• Task description: Every line of the records that holds the word "Prelude" should be copied out.

• Material provided:
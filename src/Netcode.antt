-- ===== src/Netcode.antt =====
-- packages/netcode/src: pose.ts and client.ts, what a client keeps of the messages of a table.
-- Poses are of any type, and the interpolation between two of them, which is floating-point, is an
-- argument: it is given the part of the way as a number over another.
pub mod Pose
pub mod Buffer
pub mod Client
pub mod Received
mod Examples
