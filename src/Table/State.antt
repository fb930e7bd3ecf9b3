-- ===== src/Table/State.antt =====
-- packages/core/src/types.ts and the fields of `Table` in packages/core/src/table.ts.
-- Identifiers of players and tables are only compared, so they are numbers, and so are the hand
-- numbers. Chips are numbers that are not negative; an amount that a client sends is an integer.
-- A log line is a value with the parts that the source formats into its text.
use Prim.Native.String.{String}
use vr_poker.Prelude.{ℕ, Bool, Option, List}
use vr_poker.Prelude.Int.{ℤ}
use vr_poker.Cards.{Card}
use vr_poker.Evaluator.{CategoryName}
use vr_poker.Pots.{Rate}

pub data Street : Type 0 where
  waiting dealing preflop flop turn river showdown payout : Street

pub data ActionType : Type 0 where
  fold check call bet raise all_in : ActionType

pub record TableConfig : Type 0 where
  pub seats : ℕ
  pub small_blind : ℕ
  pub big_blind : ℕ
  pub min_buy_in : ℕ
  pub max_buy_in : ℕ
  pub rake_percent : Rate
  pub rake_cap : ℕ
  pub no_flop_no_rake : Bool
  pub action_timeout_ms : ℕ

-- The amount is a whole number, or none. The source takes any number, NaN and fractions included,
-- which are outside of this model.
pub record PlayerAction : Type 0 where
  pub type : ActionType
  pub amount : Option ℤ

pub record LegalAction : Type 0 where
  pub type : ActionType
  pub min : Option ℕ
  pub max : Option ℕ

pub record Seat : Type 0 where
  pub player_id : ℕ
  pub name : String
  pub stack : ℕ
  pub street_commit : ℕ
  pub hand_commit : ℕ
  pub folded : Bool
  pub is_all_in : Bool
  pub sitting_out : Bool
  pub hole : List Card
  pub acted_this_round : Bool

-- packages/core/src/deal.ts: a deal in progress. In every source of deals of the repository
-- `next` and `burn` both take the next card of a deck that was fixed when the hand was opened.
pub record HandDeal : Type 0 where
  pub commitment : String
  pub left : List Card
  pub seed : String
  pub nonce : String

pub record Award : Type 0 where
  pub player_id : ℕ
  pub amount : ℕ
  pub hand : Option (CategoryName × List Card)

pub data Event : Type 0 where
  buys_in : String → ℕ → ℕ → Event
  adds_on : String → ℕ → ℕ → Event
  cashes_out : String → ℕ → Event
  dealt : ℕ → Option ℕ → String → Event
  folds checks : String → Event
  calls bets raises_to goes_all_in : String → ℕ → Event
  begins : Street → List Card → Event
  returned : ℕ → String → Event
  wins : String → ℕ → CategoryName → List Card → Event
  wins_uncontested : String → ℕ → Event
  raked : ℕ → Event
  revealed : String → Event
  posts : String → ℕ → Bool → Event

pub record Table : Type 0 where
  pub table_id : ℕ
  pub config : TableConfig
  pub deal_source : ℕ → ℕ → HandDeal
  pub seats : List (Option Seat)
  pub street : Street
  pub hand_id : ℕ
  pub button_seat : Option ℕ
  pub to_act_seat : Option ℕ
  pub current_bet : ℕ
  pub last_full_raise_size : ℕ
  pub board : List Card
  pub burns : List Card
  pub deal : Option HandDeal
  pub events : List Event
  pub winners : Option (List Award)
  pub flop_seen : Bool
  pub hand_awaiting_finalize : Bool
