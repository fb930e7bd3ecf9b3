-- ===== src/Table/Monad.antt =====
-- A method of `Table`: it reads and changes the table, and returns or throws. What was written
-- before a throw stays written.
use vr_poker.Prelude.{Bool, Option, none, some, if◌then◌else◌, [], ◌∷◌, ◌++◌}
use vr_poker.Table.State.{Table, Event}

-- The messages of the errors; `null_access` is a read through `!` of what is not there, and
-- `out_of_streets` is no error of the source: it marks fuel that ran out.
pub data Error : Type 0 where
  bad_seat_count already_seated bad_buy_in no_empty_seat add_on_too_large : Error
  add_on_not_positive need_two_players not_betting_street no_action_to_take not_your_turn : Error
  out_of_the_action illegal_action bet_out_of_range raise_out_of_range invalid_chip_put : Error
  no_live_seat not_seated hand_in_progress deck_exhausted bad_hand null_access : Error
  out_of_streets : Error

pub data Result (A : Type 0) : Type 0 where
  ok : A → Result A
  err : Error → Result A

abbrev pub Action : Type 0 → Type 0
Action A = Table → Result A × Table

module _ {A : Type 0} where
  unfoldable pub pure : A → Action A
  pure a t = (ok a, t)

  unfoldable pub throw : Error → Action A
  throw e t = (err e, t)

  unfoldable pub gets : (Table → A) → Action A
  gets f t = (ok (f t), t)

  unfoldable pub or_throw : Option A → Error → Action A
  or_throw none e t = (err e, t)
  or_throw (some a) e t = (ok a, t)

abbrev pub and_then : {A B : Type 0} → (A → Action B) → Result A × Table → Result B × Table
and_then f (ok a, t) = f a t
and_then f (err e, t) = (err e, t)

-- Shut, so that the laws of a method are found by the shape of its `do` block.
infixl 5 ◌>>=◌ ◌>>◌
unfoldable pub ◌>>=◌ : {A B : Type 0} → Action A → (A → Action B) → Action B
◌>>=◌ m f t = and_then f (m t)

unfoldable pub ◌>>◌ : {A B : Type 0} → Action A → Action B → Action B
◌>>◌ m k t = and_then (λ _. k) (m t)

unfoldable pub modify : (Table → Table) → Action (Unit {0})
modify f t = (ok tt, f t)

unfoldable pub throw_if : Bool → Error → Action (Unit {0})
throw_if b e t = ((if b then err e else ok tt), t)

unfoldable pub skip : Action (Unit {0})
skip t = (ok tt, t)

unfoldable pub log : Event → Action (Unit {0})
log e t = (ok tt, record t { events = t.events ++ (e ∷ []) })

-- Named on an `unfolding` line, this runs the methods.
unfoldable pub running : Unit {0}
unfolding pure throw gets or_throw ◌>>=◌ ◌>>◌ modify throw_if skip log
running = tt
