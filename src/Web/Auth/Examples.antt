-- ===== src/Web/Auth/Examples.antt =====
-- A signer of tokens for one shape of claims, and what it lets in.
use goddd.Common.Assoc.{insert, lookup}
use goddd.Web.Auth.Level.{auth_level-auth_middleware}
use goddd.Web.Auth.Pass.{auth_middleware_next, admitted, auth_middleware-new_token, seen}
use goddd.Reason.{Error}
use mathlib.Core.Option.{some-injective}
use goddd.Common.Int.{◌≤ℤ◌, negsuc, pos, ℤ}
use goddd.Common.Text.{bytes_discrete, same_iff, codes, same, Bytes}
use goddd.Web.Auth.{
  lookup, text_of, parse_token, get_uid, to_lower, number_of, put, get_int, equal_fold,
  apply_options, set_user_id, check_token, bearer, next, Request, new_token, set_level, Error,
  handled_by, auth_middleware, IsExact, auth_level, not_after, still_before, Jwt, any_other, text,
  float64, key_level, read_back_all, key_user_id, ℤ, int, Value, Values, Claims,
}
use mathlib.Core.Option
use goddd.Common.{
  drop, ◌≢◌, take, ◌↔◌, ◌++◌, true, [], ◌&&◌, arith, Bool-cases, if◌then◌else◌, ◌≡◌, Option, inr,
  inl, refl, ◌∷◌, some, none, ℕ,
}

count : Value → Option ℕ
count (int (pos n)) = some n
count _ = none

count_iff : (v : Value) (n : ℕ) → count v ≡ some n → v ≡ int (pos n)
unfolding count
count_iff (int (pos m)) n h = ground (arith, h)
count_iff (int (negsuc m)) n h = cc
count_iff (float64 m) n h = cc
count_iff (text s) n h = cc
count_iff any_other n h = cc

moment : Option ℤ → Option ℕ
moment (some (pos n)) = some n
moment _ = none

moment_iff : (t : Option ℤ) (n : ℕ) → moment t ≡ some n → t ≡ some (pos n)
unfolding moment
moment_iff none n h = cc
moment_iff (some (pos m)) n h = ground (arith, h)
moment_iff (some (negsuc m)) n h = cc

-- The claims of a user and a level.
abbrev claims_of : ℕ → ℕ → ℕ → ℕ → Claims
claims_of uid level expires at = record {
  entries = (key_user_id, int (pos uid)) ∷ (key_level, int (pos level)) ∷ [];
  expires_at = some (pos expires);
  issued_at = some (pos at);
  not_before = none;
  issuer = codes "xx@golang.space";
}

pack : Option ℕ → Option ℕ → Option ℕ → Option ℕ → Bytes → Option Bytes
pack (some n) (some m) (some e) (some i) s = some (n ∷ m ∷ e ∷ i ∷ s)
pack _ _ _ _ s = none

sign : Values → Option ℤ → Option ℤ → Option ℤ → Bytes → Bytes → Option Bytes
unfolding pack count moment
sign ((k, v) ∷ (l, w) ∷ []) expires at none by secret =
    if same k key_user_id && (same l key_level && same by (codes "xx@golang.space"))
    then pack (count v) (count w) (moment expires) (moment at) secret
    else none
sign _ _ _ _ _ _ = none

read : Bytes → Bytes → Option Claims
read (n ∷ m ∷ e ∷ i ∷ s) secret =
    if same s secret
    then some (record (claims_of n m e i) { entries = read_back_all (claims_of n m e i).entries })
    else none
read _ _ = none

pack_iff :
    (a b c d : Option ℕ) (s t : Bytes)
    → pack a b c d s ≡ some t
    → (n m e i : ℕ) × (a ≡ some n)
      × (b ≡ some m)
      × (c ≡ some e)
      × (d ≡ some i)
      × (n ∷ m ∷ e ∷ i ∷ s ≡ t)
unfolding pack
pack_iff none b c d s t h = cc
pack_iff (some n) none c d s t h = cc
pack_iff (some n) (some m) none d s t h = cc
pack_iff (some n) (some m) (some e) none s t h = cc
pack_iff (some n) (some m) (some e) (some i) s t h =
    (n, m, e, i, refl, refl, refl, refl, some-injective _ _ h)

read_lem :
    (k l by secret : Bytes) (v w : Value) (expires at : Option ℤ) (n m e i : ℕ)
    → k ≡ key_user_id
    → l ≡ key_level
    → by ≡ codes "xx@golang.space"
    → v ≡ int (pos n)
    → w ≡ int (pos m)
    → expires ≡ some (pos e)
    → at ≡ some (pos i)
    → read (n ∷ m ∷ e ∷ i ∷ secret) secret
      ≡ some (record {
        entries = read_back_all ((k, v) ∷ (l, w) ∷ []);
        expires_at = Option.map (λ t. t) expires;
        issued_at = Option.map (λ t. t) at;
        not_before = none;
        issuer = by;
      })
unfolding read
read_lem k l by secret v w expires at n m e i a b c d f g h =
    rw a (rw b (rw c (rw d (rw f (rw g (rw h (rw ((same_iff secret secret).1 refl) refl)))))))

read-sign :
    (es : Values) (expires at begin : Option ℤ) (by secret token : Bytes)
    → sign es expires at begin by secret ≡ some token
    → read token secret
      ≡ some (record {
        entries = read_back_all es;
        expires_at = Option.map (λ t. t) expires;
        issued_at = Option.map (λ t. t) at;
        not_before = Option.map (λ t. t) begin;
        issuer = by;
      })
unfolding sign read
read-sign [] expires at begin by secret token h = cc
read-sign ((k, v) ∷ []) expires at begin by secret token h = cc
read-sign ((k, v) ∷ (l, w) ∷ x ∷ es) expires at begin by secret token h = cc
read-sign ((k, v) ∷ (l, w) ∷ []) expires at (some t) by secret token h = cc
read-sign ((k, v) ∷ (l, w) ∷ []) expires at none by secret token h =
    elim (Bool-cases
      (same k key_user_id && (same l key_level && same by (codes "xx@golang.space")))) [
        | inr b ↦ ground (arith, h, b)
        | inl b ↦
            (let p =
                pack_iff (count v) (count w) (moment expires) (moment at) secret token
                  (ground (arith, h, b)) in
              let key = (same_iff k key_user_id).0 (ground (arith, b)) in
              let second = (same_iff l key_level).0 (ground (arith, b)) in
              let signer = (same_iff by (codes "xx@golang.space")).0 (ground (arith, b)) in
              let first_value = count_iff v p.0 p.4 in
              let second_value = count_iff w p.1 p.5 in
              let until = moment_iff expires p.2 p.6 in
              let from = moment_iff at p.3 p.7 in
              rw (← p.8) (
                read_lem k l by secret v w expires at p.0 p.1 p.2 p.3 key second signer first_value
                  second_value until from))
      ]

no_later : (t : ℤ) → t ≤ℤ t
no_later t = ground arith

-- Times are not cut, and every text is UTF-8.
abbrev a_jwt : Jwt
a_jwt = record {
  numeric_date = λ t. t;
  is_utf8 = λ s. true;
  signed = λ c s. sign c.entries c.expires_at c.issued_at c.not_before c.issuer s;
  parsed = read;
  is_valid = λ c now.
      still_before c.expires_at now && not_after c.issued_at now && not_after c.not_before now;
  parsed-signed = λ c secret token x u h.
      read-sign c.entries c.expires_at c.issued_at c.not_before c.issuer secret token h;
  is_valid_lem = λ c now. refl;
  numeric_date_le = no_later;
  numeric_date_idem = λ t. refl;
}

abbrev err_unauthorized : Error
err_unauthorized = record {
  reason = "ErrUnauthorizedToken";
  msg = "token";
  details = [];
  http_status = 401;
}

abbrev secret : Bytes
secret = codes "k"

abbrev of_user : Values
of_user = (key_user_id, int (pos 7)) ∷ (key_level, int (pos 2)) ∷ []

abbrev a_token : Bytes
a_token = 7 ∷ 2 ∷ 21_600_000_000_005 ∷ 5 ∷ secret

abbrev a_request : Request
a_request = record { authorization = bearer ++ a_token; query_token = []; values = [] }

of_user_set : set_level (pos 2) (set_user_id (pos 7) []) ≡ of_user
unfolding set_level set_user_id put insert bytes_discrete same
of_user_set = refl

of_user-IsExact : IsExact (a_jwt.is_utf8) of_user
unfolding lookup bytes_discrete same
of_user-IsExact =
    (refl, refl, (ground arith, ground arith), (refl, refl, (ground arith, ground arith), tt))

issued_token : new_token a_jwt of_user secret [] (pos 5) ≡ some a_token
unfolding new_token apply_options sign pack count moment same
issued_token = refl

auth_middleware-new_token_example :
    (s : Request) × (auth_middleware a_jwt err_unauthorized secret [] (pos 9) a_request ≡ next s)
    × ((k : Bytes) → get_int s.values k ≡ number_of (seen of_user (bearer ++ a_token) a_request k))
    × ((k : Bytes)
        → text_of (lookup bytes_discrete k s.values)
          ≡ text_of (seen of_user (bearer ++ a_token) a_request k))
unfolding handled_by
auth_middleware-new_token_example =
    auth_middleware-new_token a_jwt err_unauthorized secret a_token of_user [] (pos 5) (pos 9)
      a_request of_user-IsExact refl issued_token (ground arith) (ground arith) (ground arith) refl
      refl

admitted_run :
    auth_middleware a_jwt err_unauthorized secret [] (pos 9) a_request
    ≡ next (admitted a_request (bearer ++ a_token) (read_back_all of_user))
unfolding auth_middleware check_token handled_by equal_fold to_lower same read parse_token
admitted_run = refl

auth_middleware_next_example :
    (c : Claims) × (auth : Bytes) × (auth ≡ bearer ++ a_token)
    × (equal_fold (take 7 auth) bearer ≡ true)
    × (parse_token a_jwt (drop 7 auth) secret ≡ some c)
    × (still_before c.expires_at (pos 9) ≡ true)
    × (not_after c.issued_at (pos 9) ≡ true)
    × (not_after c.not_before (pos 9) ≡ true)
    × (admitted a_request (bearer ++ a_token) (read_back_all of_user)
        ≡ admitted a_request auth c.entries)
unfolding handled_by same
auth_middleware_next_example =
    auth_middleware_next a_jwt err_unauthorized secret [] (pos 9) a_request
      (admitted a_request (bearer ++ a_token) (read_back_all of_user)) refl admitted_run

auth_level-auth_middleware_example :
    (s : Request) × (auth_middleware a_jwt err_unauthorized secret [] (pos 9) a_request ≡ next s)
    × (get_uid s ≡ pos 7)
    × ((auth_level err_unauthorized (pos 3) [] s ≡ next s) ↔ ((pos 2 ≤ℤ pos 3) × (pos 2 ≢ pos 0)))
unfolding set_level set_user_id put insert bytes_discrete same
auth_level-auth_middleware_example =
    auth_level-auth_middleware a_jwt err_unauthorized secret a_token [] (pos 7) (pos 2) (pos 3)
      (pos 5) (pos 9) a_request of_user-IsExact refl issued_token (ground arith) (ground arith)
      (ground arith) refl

• Answer section:
use vr_poker.Prelude.{ℕ, Bool, Option, List}
use vr_poker.Prelude.Int.{ℤ}
use vr_poker.Prelude.{Bool, Option, none, some, if◌then◌else◌, [], ◌∷◌, ◌++◌}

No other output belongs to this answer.